Getting Started with Git
New to Git? By the end of this page you will know what Git is, have it installed, and be comfortable enough in a terminal to use it.
What is Git?
Git is a tool that keeps a full history of every change ever made to your project. Think of it like a save system in a video game — except instead of one save slot, you have thousands, all labelled with what changed and when. You can go back to any point in history at any time.
When you work with a team, Git also makes sure everyone's changes can be combined together without overwriting each other's work.
The four areas you need to know:
not tracked yet
next commit
on your machine
the team
- Your Files — the files you are actively editing right now
- Staging Area — changes you have chosen to include in your next save point
- Your Local Copy — your complete project history, stored on your own machine
- The remote (GitHub, GitLab, …) — the shared copy your whole team can see and download
Install Git
Go to git-scm.com and click the Windows download button. Run the installer. Most options can stay as default, but pay attention to these screens:
- "Choosing the default editor" — change this to Visual Studio Code if you use VS Code, or leave it as Notepad
- "Adjusting your PATH environment" — keep the recommended option: "Git from the command line and also from 3rd-party software"

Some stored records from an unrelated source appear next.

-- ===== src/PlayerDb/Unique.antt =====
-- No two accounts get the same role ID.
use test_go_server.Prelude.{
  ℕ, ◌+◌, ◌<◌, ◌≤◌, ◌^◌, ◌≡◌, ◌≢◌, ap, sym, ◌∙◌, ◌⊎◌, inl, inr, none, some, arith, Bool-cases,
}
use test_go_server.Protocol.{Bytes}
use test_go_server.Text.{format_int64, bytes_eq, bytes_eq_refl, bytes_eq_sound}
use test_go_server.Text.Decimal.{parse_int64, parse_int64-format_int64}
use test_go_server.Redis.Keys.{key_uid_next, account_role_key}
use test_go_server.Redis.Dao.{nil, value, Client}
use test_go_server.PlayerDb.Accounts.{Written}

-- The counter of IDs: it stands at n, and is not there at first.
abbrev pub Counter : {D : Type 0} → Client D → ℕ → D → Type 0
Counter client n d =
    (client.get key_uid_next d ≡ value (format_int64 n))
    ⊎ ((client.get key_uid_next d ≡ nil) × (n ≡ 0))

-- INCR as Redis documents it, on the counter of IDs below its limit: it counts and tells the new
-- number, or it reports an error and may have counted or not.
pub record Counts {D : Type 0} (client : Client D) : Type 0 where
  pub counts :
      (n : ℕ) (d : D)
      → Counter client n d
      → n + 1 < 2 ^ 63
      → (Written client key_uid_next (format_int64 (n + 1)) d (client.incr key_uid_next d).0
          × (((client.incr key_uid_next d).1 ≡ some (n + 1))
              ⊎ ((client.incr key_uid_next d).1 ≡ none)))
        ⊎ (((client.incr key_uid_next d).1 ≡ none)
            × ((j : Bytes) → client.get j (client.incr key_uid_next d).0 ≡ client.get j d))

-- The IDs of the accounts were given out by the counter, and each to one account.
pub record Unique {D : Type 0} (client : Client D) (n : ℕ) (d : D) : Type 0 where
  pub counter : Counter client n d
  pub issued :
      (a text : Bytes)
      → client.get (account_role_key a) d ≡ value text
      → (i : ℕ) × (text ≡ format_int64 i) × (0 < i) × (i ≤ n)
  pub distinct :
      (a b text : Bytes)
      → client.get (account_role_key a) d ≡ value text
      → client.get (account_role_key b) d ≡ value text
      → a ≡ b

pub format-inj : (i j : ℕ) → i < 2 ^ 64 → j < 2 ^ 64 → format_int64 i ≡ format_int64 j → i ≡ j
format-inj i j lt lt' e =
    let same : some i ≡ some j =
      sym (parse_int64-format_int64 i lt) ∙ ap parse_int64 e ∙ parse_int64-format_int64 j lt' in
    ground arith

pub value-inj : (s t : Bytes) → value s ≡ value t → s ≡ t
value-inj s t e = ground (arith, e)

pub same_account : (a b : Bytes) → (a ≡ b) ⊎ (a ≢ b)
same_account a b = elim (Bool-cases (bytes_eq a b)) [
  | inl e ↦ inl (bytes_eq_sound a b e)
  | inr e ↦ inr (λ same. absurd (ground (arith, e, bytes_eq_refl b, same)))
]

module _ {D : Type 0} (client : Client D) where
  -- Nothing that the invariant looks at has changed, but the counter.
  pub Unique-moved :
      (n m : ℕ) (d d' : D)
      → ((a : Bytes) → client.get (account_role_key a) d' ≡ client.get (account_role_key a) d)
      → Counter client m d'
      → n ≤ m
      → Unique client n d
      → Unique client m d'
  Unique-moved n m d d' same counter le v = record {
    counter = counter;
    issued = λ a text e.
        let (i, t, pos, lt) = v.issued a text (sym (same a) ∙ e) in
        (i, t, pos, omega (arith, lt, le));
    distinct = λ a b text e f. v.distinct a b text (sym (same a) ∙ e) (sym (same b) ∙ f);
  }

  pub Unique-same :
      (n : ℕ) (d d' : D)
      → ((j : Bytes) → client.get j d' ≡ client.get j d)
      → Unique client n d
      → Unique client n d'
  Unique-same n d d' same v =
      Unique-moved n n d d' (λ a. same (account_role_key a)) (moved v.counter) (omega arith) v
    where
      moved : Counter client n d → Counter client n d'
      moved (inl e) = inl (same key_uid_next ∙ e)
      moved (inr (e, z)) = inr (same key_uid_next ∙ e, z)

  -- The newest ID is written for an account.
  pub Unique-written :
      (n : ℕ) (account : Bytes) (d d' : D)
      → n + 1 < 2 ^ 63
      → Unique client n d
      → Counter client (n + 1) d'
      → client.get (account_role_key account) d' ≡ value (format_int64 (n + 1))
      → ((a : Bytes)
          → a ≢ account
          → client.get (account_role_key a) d' ≡ client.get (account_role_key a) d)
      → Unique client (n + 1) d'
  Unique-written n account d d' room v counter here there = record {
    counter = counter;
    issued = λ a text e. elim (same_account a account) [
      | inl same ↦ (n + 1, newest a text same e, omega arith, omega arith)
      | inr other ↦
          let (i, t, pos, le) = v.issued a text (sym (there a other) ∙ e) in
          (i, t, pos, omega (arith, le))
    ];
    distinct = λ a b text e f. elim (same_account a account) [
      | inl same ↦ elim (same_account b account) [
        | inl same' ↦ same ∙ sym same'
        | inr other ↦ absurd (older b text other f (newest a text same e))
      ]
      | inr other ↦ elim (same_account b account) [
        | inl same' ↦ absurd (older a text other e (newest b text same' f))
        | inr other' ↦ v.distinct a b text (sym (there a other) ∙ e) (sym (there b other') ∙ f)
      ]
    ];
  }
    where
      newest :
          (a text : Bytes)
          → a ≡ account
          → client.get (account_role_key a) d' ≡ value text
          → text ≡ format_int64 (n + 1)
      newest a text same e =
          value-inj text (format_int64 (n + 1))
            (sym e ∙ ap (λ x. client.get (account_role_key x) d') same ∙ here)

      older :
          (a text : Bytes)
          → a ≢ account
          → client.get (account_role_key a) d' ≡ value text
          → text ≢ format_int64 (n + 1)
      older a text other e new =
          let (i, t, pos, le) = v.issued a text (sym (there a other) ∙ e) in
          let clash = format-inj i (n + 1) (omega (arith, le)) (omega arith) (sym t ∙ new) in
          omega (arith, clash, le)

- "Configuring the line ending conversions" — keep the default: "Checkout Windows-style, commit Unix-style line endings"
Once installed, open Git Bash (search for it in the Start menu) or PowerShell and verify it worked:
git --version
You should see something like git version 2.47.0 (Windows builds add a .windows.1 suffix). If you do, Git is installed.
Terminal Basics
A terminal (also called a command line or console) is a text window where you type commands. You will use it to run all Git commands. There are two options on Windows:
- Git Bash — installed with Git. Uses Linux-style commands. Most Git tutorials online use this.
- PowerShell — built into Windows. You may already know it. Git commands work the same, but some other commands look different.
How to open a terminal:
- Git Bash: Press Win, type
Git Bash, press Enter - PowerShell: Press Win + X, then click Windows PowerShell or Terminal
Essential commands to navigate folders:
# Show where you are
pwd
# List files and folders here
ls
# Move into a folder
cd FolderName
# Move up one level
cd ..
# Create a new folder
mkdir my-project
# Clear the screen
clear
Opening a Terminal from Your IDE
You do not need to open a separate terminal window — both IDEs have one built in.
Visual Studio Code:
- Press Ctrl + ` (backtick, the key above Tab) to open the integrated terminal
- It opens in Git Bash by default if Git Bash is installed
- To switch to PowerShell: click the + dropdown arrow in the terminal panel → select PowerShell
Visual Studio:
- Go to View → Terminal to open the Developer PowerShell
- Alternatively, right-click the solution in Solution Explorer → Open in Terminal
The IDE only changes where you open the terminal — the Git commands themselves are identical in every IDE, every editor version, and every operating system.
Verify Your Setup
Let's make sure everything works end-to-end by cloning a real repo.
Go to any project your team has on GitLab or GitHub, copy its HTTPS clone URL (see Clone a Repo), then run:
git clone <url>
cd <repo-folder>
git log --oneline -5
If you see a list of recent commits, your setup is working. You are ready to use Git.